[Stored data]
▬▬▬▬▬▬▬▬▬▬
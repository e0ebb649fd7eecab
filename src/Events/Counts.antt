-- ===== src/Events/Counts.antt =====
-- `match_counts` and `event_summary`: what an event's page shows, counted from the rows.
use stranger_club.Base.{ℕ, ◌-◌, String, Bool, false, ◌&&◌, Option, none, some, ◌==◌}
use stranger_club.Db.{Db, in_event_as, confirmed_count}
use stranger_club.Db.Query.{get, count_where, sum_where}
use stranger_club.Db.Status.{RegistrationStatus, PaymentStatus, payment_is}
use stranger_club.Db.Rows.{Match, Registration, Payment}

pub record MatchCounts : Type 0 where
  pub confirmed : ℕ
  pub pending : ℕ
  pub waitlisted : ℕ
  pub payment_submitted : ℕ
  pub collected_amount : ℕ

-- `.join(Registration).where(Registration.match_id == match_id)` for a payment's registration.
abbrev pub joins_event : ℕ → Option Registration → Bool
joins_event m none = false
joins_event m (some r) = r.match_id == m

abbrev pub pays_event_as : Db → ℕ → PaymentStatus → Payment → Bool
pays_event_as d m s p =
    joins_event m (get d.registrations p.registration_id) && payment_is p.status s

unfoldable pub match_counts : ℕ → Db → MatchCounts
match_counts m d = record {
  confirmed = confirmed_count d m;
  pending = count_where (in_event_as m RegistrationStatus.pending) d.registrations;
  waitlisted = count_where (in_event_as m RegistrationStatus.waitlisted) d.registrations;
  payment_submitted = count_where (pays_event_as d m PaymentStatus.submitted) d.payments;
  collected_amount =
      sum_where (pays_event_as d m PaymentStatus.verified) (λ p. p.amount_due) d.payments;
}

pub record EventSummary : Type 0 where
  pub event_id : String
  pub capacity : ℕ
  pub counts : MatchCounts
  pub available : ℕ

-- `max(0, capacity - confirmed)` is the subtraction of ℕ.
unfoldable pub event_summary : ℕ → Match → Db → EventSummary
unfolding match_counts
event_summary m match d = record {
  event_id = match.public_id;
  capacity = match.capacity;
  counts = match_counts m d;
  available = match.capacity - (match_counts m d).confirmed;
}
▬▬▬▬▬▬▬▬▬▬
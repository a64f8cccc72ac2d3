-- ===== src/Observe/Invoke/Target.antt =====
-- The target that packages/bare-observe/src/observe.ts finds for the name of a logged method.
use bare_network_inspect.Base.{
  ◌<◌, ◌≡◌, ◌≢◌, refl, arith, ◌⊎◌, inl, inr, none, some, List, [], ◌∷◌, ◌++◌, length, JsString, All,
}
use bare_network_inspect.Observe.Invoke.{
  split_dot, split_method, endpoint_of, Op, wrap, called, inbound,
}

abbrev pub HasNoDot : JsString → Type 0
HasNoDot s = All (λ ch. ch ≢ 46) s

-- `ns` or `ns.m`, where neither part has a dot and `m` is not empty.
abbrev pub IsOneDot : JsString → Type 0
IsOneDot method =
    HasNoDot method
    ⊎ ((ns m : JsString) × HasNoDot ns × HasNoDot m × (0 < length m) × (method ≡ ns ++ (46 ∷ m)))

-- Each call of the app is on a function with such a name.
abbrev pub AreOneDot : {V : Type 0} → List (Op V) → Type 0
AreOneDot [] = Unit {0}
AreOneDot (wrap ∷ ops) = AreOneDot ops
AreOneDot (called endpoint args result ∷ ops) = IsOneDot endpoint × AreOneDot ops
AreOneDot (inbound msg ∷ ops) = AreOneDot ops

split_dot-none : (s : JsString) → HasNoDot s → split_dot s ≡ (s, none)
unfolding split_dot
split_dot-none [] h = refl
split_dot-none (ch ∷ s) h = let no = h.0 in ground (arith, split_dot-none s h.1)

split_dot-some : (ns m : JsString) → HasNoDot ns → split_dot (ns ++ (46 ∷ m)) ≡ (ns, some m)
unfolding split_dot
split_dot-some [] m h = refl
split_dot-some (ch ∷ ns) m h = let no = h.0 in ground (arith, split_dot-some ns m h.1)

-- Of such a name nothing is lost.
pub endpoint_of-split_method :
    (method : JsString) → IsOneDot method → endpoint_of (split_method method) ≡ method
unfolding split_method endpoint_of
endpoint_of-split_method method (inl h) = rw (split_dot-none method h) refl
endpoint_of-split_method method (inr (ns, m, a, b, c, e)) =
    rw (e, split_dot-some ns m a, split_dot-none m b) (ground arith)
▬▬▬▬▬▬▬▬▬▬
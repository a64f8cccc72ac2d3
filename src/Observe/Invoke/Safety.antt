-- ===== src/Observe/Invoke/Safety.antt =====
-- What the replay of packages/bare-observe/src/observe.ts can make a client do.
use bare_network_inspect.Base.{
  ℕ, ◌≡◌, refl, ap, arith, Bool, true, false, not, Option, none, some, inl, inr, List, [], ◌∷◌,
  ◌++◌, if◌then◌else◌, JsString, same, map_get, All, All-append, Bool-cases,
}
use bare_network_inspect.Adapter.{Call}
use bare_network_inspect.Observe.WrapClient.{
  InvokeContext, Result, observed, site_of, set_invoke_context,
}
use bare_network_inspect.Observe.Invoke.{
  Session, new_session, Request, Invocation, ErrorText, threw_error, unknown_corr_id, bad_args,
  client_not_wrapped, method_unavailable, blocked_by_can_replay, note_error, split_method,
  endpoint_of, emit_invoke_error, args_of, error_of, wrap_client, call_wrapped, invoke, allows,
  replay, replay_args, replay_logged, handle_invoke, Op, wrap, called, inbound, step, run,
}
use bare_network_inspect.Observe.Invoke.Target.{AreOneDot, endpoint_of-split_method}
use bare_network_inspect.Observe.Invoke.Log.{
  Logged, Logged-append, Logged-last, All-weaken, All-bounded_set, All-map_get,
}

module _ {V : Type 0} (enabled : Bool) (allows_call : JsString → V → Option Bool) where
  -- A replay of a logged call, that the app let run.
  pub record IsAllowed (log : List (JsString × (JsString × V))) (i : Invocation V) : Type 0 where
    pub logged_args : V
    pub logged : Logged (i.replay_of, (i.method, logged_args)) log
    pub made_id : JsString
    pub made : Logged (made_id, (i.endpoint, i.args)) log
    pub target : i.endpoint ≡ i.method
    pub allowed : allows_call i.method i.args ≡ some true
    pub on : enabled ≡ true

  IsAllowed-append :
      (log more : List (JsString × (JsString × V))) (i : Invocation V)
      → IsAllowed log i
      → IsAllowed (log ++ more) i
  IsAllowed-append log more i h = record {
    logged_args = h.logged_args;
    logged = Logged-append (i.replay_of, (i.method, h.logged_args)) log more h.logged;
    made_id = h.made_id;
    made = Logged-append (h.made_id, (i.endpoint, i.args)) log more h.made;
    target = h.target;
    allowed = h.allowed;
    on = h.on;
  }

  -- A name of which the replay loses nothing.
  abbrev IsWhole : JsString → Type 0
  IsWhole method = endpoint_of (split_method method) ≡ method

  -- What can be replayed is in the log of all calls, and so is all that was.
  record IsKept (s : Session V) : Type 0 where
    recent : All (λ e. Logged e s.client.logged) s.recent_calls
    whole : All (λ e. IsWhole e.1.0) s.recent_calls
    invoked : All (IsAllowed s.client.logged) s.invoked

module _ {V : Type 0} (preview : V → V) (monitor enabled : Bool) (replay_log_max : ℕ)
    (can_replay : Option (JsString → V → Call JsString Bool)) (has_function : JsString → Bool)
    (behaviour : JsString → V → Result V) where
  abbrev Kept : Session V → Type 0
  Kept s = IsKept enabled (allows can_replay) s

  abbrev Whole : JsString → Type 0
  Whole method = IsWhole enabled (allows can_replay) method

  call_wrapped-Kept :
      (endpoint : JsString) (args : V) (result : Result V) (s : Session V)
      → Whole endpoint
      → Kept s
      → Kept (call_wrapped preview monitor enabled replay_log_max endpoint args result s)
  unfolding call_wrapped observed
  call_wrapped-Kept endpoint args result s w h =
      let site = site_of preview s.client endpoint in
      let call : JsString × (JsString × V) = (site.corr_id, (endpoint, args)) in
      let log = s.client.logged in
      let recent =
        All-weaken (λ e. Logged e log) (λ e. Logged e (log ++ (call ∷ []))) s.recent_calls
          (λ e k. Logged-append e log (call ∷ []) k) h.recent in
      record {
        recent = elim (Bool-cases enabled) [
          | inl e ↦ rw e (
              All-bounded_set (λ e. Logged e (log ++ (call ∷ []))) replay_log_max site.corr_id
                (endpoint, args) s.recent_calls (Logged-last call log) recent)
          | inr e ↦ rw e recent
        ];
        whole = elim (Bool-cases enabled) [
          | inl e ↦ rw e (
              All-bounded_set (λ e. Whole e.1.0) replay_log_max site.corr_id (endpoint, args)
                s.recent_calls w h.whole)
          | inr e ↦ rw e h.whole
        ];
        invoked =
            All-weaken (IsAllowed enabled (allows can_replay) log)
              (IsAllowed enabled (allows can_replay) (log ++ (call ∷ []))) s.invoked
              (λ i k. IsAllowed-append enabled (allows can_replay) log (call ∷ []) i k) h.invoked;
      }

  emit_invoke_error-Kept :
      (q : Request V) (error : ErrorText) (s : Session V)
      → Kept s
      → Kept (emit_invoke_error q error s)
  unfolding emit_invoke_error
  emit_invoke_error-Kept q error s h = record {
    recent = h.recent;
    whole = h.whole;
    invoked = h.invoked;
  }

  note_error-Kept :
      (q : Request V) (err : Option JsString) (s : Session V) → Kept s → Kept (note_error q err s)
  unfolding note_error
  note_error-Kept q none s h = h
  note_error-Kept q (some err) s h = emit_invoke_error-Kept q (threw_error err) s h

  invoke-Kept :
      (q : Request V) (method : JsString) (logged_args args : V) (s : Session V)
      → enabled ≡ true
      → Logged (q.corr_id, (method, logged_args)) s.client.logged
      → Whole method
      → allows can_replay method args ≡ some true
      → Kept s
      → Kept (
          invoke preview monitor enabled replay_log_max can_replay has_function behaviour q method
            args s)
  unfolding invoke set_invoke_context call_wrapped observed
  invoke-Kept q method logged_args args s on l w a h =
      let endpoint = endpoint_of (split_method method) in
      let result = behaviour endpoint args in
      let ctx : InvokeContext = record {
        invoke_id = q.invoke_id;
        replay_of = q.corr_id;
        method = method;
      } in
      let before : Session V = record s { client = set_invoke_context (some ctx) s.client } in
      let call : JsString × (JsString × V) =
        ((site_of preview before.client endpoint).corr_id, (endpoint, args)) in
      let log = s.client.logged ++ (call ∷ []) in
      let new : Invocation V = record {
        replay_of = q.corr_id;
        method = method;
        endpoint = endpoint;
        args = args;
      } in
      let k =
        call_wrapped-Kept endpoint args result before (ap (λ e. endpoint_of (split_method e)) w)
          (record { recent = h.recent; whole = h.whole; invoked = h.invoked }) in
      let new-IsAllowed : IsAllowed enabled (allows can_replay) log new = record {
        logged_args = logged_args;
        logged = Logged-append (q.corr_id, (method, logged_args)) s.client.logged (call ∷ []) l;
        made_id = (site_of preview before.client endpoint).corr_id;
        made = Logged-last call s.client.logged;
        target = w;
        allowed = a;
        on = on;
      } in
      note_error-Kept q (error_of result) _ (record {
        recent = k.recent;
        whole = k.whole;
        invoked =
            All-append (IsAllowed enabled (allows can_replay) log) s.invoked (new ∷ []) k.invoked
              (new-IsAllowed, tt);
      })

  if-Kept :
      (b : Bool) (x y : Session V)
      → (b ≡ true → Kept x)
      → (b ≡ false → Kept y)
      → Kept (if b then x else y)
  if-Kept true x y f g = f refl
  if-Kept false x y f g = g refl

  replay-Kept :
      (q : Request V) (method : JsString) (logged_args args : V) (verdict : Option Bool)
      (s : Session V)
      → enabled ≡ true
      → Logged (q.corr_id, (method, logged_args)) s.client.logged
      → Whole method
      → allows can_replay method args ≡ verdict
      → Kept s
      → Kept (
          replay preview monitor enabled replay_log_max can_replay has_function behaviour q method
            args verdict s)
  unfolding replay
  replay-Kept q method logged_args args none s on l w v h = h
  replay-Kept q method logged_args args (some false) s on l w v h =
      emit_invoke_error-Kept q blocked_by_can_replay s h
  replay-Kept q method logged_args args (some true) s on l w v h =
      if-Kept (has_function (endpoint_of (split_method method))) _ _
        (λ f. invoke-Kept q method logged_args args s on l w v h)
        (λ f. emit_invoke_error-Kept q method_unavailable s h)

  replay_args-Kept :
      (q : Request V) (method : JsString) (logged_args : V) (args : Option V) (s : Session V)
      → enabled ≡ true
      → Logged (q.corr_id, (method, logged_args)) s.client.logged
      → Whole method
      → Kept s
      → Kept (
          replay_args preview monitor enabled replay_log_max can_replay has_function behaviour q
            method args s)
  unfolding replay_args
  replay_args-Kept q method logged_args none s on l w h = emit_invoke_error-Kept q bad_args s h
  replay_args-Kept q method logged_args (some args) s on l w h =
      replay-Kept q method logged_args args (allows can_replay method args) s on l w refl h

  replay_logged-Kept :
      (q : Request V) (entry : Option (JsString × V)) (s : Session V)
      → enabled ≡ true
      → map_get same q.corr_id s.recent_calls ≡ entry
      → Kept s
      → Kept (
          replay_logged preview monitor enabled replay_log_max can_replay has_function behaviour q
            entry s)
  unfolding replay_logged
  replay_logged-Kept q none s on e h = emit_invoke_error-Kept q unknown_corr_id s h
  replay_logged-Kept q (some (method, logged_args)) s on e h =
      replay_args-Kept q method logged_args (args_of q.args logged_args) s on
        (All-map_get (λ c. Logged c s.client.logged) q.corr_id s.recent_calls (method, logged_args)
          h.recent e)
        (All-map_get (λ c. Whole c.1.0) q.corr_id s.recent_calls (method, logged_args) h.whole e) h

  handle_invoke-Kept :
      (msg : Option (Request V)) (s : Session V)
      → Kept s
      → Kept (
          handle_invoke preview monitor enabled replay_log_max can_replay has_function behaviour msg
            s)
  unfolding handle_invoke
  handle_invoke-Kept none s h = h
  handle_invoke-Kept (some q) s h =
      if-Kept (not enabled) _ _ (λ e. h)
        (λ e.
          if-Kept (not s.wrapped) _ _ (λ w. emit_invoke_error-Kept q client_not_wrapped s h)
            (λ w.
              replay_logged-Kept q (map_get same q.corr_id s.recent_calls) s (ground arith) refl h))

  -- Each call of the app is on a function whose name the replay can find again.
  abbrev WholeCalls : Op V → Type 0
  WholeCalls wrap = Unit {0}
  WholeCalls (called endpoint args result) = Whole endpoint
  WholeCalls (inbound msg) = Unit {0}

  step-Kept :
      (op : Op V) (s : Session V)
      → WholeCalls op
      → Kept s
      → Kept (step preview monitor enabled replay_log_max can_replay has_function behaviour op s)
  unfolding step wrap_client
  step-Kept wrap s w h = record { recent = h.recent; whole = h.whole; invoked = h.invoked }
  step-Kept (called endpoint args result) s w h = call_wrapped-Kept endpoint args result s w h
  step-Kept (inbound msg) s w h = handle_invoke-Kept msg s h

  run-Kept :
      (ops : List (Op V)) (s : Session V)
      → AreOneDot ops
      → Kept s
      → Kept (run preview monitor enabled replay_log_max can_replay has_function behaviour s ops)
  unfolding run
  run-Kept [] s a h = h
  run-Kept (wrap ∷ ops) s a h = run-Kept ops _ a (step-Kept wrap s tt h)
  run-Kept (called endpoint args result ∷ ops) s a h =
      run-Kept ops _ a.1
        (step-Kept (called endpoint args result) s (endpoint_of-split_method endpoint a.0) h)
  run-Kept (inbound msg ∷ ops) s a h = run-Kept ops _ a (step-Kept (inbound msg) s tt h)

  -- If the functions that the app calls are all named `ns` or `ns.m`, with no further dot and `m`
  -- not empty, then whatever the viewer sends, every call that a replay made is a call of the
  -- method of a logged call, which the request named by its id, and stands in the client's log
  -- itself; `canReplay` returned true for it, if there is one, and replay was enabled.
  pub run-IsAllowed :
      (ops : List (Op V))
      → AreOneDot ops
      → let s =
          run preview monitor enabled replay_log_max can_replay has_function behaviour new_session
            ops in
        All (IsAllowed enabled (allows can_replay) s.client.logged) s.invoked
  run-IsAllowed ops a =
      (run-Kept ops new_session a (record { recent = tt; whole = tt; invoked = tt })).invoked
▬▬▬▬▬▬▬▬▬▬
[YOUR TASK]
Only the lines above from the line with "replay-Kept q method logged_args args none" to the line with "replay-Kept q method logged_args args (some true)", those two lines included, should be reproduced exactly.

[TASK RESPONSE]
  replay-Kept q method logged_args args none s on l w v h = h
  replay-Kept q method logged_args args (some false) s on l w v h =
      emit_invoke_error-Kept q blocked_by_can_replay s h
  replay-Kept q method logged_args args (some true) s on l w v h =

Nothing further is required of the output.